2014 26: Statistical modelling of how soil biodiversity and ecosystem function respond to human impacts in UK ecosystems

Co-Supervisors:
Paul Eggleton (Natural History Museum, Life Sciences)
Tom Bell (Imperial, Life Sciences)

The Natural Environmental Research Council (NERC) is supporting 15 PhD studentships within a new Doctoral Training Partnership (DTP) focused on Science and Solutions for a Changing Planet. This brings together Imperial College London’s world leading expertise with that of our partners to offer a unique world-class multidisciplinary PhD training programme. The DTP will provide students with in-depth, advanced research training, as well as training in professional and transferable skills. Partners will offer training and secondment opportunities designed to enhance the students’ employability. Those partners with business and government experience will also provide skills coaching in policy, regulation, and entrepreneurship.

Land use change is the biggest driver of biodiversity loss worldwide, and can undermine provision of vital but non-monetized ecosystem services. Studies of land use change effects on the biota nearly all consider only above-ground biodiversity, and most focus on taxa not strongly linked to key ecosystem services. Not enough is known about impacts on the biotas of soil and leaf litter, despite their importance in developing soil structure and composition, nutrient cycling and water drainage.

This project therefore aims to develop an integrative understanding, combining new data collection, Citizen Science approaches, analysis of existing data already in hand from monitoring and survey projects around the UK, and compilation of already-published data from similar biomes worldwide. It will develop data-rich and policy-relevant models of how soil and litter community composition and rates of ecosystem processes will respond to predicted future changes in land use in the UK. Questions include: (1) Are biotic responses consistent among major taxa, guilds and habitats, and can any differences be explained? (2) Do spatial comparisons and time series data give the same results? How important is biodiversity per se – rather than land use and management – in shaping ecosystem function?

Analysis of existing data: The student will collate data from papers that investigated how soil and litter invertebrate and soil microbial composition and ecosystem function respond to land use change, focusing on ecosystems found in the UK. These data will be supplemented with unpublished data sets: the largest two of which are from a detailed survey of all habitat types in the New Forest using many different sampling techniques, and from a structured repeated survey of soil and litter macrofauna from all UK woodland types. These data will be analysed to model and map soil and litter diversity, to model how these respond to land use change and management, and to make projections using land use scenarios such as those in the UK National Ecosystem Assessment.

Citizen Science: Earthworms play a major role in determining rates of water drainage and hence risks of prolonged waterlogging, but there is a dearth of basic information about their distribution and community composition within the UK. Although species-level identification requires expertise, assignment of individuals to key functional groups based on morphology is relatively easy. The student will therefore seek to develop a Citizen Science project, surveying earthworm assemblages in order to model their response to land use gradients. This project will be developed with the NHM’s Angela Marmont Centre and the Earthworm Society of Britain (ESB).

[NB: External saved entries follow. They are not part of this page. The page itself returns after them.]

-- ===== src/Base/Equality.antt =====
-- Equality tests of keys: Go's `==` on strings and on unsigned integers.
use Prim.Native.Nat.{ℕ}
use Prim.Native.String.{String}
use mathlib.Core.Path.{◌≡◌, refl}
use mathlib.Core.Logic.{◌↔◌}
use mathlib.Core.Bool.{Bool, true}
use text.Mathlib.Text.{◌==◌ as str_eq}
use text.Mathlib.TextEquality.{eq_iff}
use hedgehog_db_opus.Base.Tests.{nat_eq, nat_eq_iff}

-- A type with a test that decides its paths. Keys of maps have one.
pub record Eq {κ} (K : Type κ) : Type κ where
  pub test : K → K → Bool
  pub test_iff : (j k : K) → (test j k ≡ true) ↔ (j ≡ k)

instance abbrev pub string_keys : Eq String
string_keys = record { test = str_eq; test_iff = eq_iff }

instance abbrev pub nat_keys : Eq ℕ
nat_keys = record { test = nat_eq; test_iff = nat_eq_iff }

infix 50 ◌==◌
abbrev pub ◌==◌ {κ} : {K : Type κ} ⦃e : Eq K⦄ → K → K → Bool
◌==◌ ⦃e⦄ j k = e.test j k

pub ==_refl {κ} : {K : Type κ} ⦃e : Eq K⦄ (k : K) → (k == k) ≡ true
==_refl ⦃e⦄ k = (e.test_iff k k).1 refl

pub ==_iff {κ} : {K : Type κ} ⦃e : Eq K⦄ (j k : K) → ((j == k) ≡ true) ↔ (j ≡ k)
==_iff ⦃e⦄ = e.test_iff
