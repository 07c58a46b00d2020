-- ===== src/Base/Bytes.antt =====
-- Byte slices as lists of numbers below 256, and `encoding/binary`'s little-endian integers.
use Prim.Native.Nat.{ℕ, zero, suc, ◌+◌, ◌-◌, ◌*◌, ◌/◌, ◌%◌, ◌^◌, ◌<◌}
use mathlib.Core.Path.{◌≡◌, refl, ap}
use mathlib.Core.List.{List, [], ◌∷◌}
use native.Mathlib.Omega.{arith}
use native.Mathlib.Nat.{pow-suc}
use hedgehog_db_opus.Base.Lists.{length, take, drop}

-- `PutUint16`, `PutUint32` and `PutUint64` write 2, 4 and 8 bytes.
unfoldable pub le_bytes : ℕ → ℕ → List ℕ
le_bytes zero n = []
le_bytes (suc w) n = n % 256 ∷ le_bytes w (n / 256)

-- `Uint16`, `Uint32` and `Uint64`.
unfoldable pub le_value : List ℕ → ℕ
le_value [] = 0
le_value (b ∷ bs) = b + 256 * le_value bs

-- `s[from:to]`
abbrev pub slice : ℕ → ℕ → List ℕ → List ℕ
slice from to s = take (to - from) (drop from s)

pub length-le_bytes : (w n : ℕ) → length (le_bytes w n) ≡ w
unfolding le_bytes
length-le_bytes zero n = refl
length-le_bytes (suc w) n = ap suc (length-le_bytes w (n / 256))

-- An integer that fits is read back.
pub le_value-le_bytes : (w n : ℕ) → n < 256 ^ w → le_value (le_bytes w n) ≡ n
unfolding le_bytes le_value
le_value-le_bytes zero n h = omega arith
le_value-le_bytes (suc w) n h =
    let smaller : n / 256 < 256 ^ w = omega (arith, pow-suc 256 w) in
    omega (arith, le_value-le_bytes w (n / 256) smaller)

New sampling of microbial diversity: Although some major drivers of soil microbial diversity, notably soil pH, have been well-documented, linkages between microbes and the rest of the soil food web are poorly understood; also, little is known of how microbes and invertebrates interact to shape ecosystem function. The student will sample soil along environmental gradients known to impact macrofauna, in both acid and alkaline soils (N~100 communities), and analyse how assemblage composition (from next-generation sequencing) relates to a range of soil functional properties.